I try not to speculate too much about the future. What's the point, really?
Like when someone asks me on a job interview where I think i'll be in five years, i can't help but answer with something absurd: On the moon? Inside an iPhone? Married to Leonardo DiCaprio?
I was once in the final round of an interview for a job I really wanted and they asked that question. I was screaming at myself, Jen, please, say something impressive and not weird. Come on, Jen!
"Umm," I rambled while trying to pull myself together. "Famous?"
I try to think of how life would be if i had any kind of filter on what came out of my mouth.
I do spend a lot of time thinking about you and I and how we'll interact in the future.
Will we, actually, interact in the future?
You know, away from our glare-free screens and keyboard that have peanut butter stuck between the keys.
When we see each other in the real world, will you say hello? Will I be too busy looking down at my Twitter feed and you'll be too busy reading emails with Google Glass?
We've become a generation of "No, thanks."
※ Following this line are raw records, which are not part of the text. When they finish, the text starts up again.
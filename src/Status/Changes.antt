-- ===== src/Status/Changes.antt =====
-- UpdateJobStatus as a whole: what it makes of the phase and the conditions.
use di_orchestrator.Base.{
  subst, sym, ◌∙◌, ◌+◌, ◌≡◌, ◌≢◌, refl, Bool-cases, inl, inr, false, some, List, ◌||◌, arith,
}
use di_orchestrator.Text.{Text}
use di_orchestrator.Kube.{condition_true}
use di_orchestrator.Job.{Phase, phase_eq, phase_eq→eq, phase_eq_refl, JobCondition}
use di_orchestrator.Machine.{State, Result, Api, ok, err, panic, after, modify_job, ◌>>◌}
use di_orchestrator.Utils.Pods.{is_succeeded, is_failed}
use di_orchestrator.Status.{
  end_running, set_condition, get_condition, update_dijob_conditions, update_job_status, with_phase,
  with_conditions,
}
use di_orchestrator.Status.Conditions.{IsValid, set_condition-IsValid}
use di_orchestrator.Status.Ended.{Ended, end_running-Ended, IsValid-Ended}

-- The job after a change: the phase, valid conditions, and a True condition for the phase with
-- the given reason.
pub record Changed (s t : State) (phase : Phase) (reason : Text) : Type 0 where
  pub conditions : List JobCondition
  pub job_now : t.job ≡ with_phase phase (with_conditions (λ _. conditions) s.job)
  pub calls_kept : t.calls ≡ s.calls
  pub settings_kept : t.settings ≡ s.settings
  pub still_valid : IsValid s.job.status.conditions → IsValid conditions
  pub current :
      IsValid s.job.status.conditions
      → (c : JobCondition) × (get_condition conditions phase ≡ some c)
        × (c.status ≡ condition_true)
        × (c.reason ≡ reason)

-- The condition is stored, and then the phase.
stored-Changed :
    (s t : State) (cs : List JobCondition) (new : JobCondition)
    → t.job ≡ with_conditions (λ _. cs) s.job
    → t.calls ≡ s.calls
    → t.settings ≡ s.settings
    → (IsValid s.job.status.conditions → IsValid cs)
    → new.status ≡ condition_true
    → Changed s
        (record t {
          job = with_phase new.type (with_conditions (λ cs. set_condition cs new) t.job);
        })
        new.type
        new.reason
stored-Changed s t cs new job calls settings valid now = record {
  conditions = set_condition cs new;
  job_now = rw job refl;
  calls_kept = calls;
  settings_kept = settings;
  still_valid = λ v. (set_condition-IsValid cs new (valid v)).0;
  current = λ v.
      let (c, e, same) = (set_condition-IsValid cs new (valid v)).1 in (c, e, same.1 ∙ now, same.2);
}

set_phase : Api → Phase → Text → Text → State → Result (Unit {0}) × State
set_phase api phase reason msg =
    update_dijob_conditions api phase reason msg >> modify_job (with_phase phase)

set_phase-Changed :
    (api : Api) (phase : Phase) (reason msg : Text) (s : State)
    → ((set_phase api phase reason msg s).0 ≡ ok tt)
      × Changed s (set_phase api phase reason msg s).1 phase reason
unfolding set_phase update_dijob_conditions
set_phase-Changed api phase reason msg s =
    elim (Bool-cases (is_succeeded s.job || is_failed s.job)) [
      | inl ended ↦
          let later = record s { ticks = s.ticks + 1 + 1 } in
          let (cs', h) = end_running-Ended api s.job.status.conditions later in
          rw ended (go cs' (end_running api s.job.status.conditions later) h)
      | inr going ↦ rw going (
        refl,
        stored-Changed s (record s { ticks = s.ticks + 1 + 1 }) s.job.status.conditions new refl
            refl refl (λ v. v) refl,
      )
    ]
  where
    new : JobCondition
    new = record {
      type = phase;
      status = condition_true;
      reason = reason;
      message = msg;
      last_update_time = api.now s.ticks;
      last_transition_time = api.now (s.ticks + 1);
    }

    go :
        (cs' : List JobCondition) (out : Result (List JobCondition) × State)
        → Ended (record s { ticks = s.ticks + 1 + 1 }) out s.job.status.conditions cs'
        → let last =
            after
              (after
                (after out (λ ended. modify_job (with_conditions (λ _. ended))))
                (λ _. modify_job (with_conditions (λ cs. set_condition cs new))))
              (λ _. modify_job (with_phase phase)) in
          (last.0 ≡ ok tt) × Changed s last.1 phase reason
    go cs' (ok ds, t) h = (
      refl,
      stored-Changed s (record t { job = with_conditions (λ _. ds) t.job }) ds new
          (rw h.job_kept refl) h.calls_kept h.settings_kept
          (λ v. subst IsValid (sym (ds-eq h)) (IsValid-Ended h v)) refl,
    )
      where
        ds-eq :
            Ended (record s { ticks = s.ticks + 1 + 1 }) (ok ds, t) s.job.status.conditions cs'
            → ds ≡ cs'
        ds-eq k = cc k.ends_ok
    go cs' (err e, t) h = cc h.ends_ok
    go cs' (panic, t) h = cc h.ends_ok

-- What UpdateJobStatus does: nothing where the job is in the phase already, and else a change.
pub update_job_status_lem :
    (api : Api) (phase : Phase) (reason msg : Text) (s : State)
    → ((update_job_status api phase reason msg s).0 ≡ ok tt)
      × ((s.job.status.phase ≡ phase → (update_job_status api phase reason msg s).1 ≡ s)
          × (s.job.status.phase ≢ phase
              → Changed s (update_job_status api phase reason msg s).1 phase reason))
unfolding update_job_status
update_job_status_lem api phase reason msg s =
    elim (Bool-cases (phase_eq s.job.status.phase phase)) [
      | inl same ↦
          rw same (refl, (λ e. refl, λ ne. absurd (ne (phase_eq→eq s.job.status.phase phase same))))
      | inr other ↦
          let (done, changed) = set_phase-Changed api phase reason msg s in
          rw other (
            unfold set_phase in done,
            (λ e. absurd (same_differs e other), λ ne. unfold set_phase in changed),
          )
    ]
  where
    same_differs : s.job.status.phase ≡ phase → phase_eq s.job.status.phase phase ≡ false → ⊥
    same_differs e h = ground (arith, phase_eq_refl phase)

-- UpdateJobStatus, for a job with valid conditions that is not in the phase yet: it ends well and
-- makes no call to the cluster; the job is in the phase, its conditions are valid, the one of that
-- phase is True and has the given reason, and nothing else of the job has changed.
pub update_job_status-IsValid :
    (api : Api) (phase : Phase) (reason msg : Text) (s : State)
    → s.job.status.phase ≢ phase
    → IsValid s.job.status.conditions
    → let out = update_job_status api phase reason msg s in
      (out.0 ≡ ok tt)
      × (out.1.calls ≡ s.calls)
      × ((cs : List JobCondition) × (out.1.job ≡ with_phase phase (with_conditions (λ _. cs) s.job))
          × IsValid cs
          × ((c : JobCondition) × (get_condition cs phase ≡ some c)
              × (c.status ≡ condition_true)
              × (c.reason ≡ reason)))
update_job_status-IsValid api phase reason msg s ne v =
    let (done, both) = update_job_status_lem api phase reason msg s in
    let c = both.1 ne in
    (done, c.calls_kept, (c.conditions, c.job_now, c.still_valid v, c.current v))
Do you need directions? Would you like me to take your picture? Can I please teach you how to make spaghetti squash?
We've replaced relying on human interaction to solve a problem, or get something done, with our computers or our cell phones.
We've totally taken on this "I can do it myself attitude." And maybe that's a good thing -- but only sometimes.
We believe we can do everything ourselves because we have YouTube. Because we have Google. Because if we desire human interaction, we have our online dating inbox. And when we don't, when we'd rather not make small talk with a guy at a bar or catch up with our girlfriends, we just say no, thanks and binge on the newest season of "House of Cards."
The other night I was leaving the subway station focusing too much on my iPhone and not enough on the stairs in front of me, and I found myself face down on the subway floor, with my lips touching the pavement and my knees smooching the ground.
I couldn't get up.
I was experiencing a wave of initial pain that i just needed to ride out. But the 6 train just arrived and a rush of people were trying to make their way out of the station -- stepping on my bag, almost stepping on my fingers, inches away from just stepping on my head.
I had to move out of the way -- somehow.
One person stopped and asked me if they could help pick me up.
"NO!" I screamed without processing the desperate situation I was in.
We've become a generation that believes we can do everything ourselves. It's an empowering feeling.
There's certainly power behind the theory that you really can do anything you want in this world and you can do it without ever asking anyone for their help. But with that comes this feeling of dislocated happiness. Of true emptiness.
"Wait," I screamed as the person started walking away. "Can you help me?"
And just like that, my hand found a place in theirs and they pulled me up until my left foot and my right foot understood the actions they needed to take next.
It felt good, for once, to say yes.
It felt good to need something from someone.
How often can we say that these days?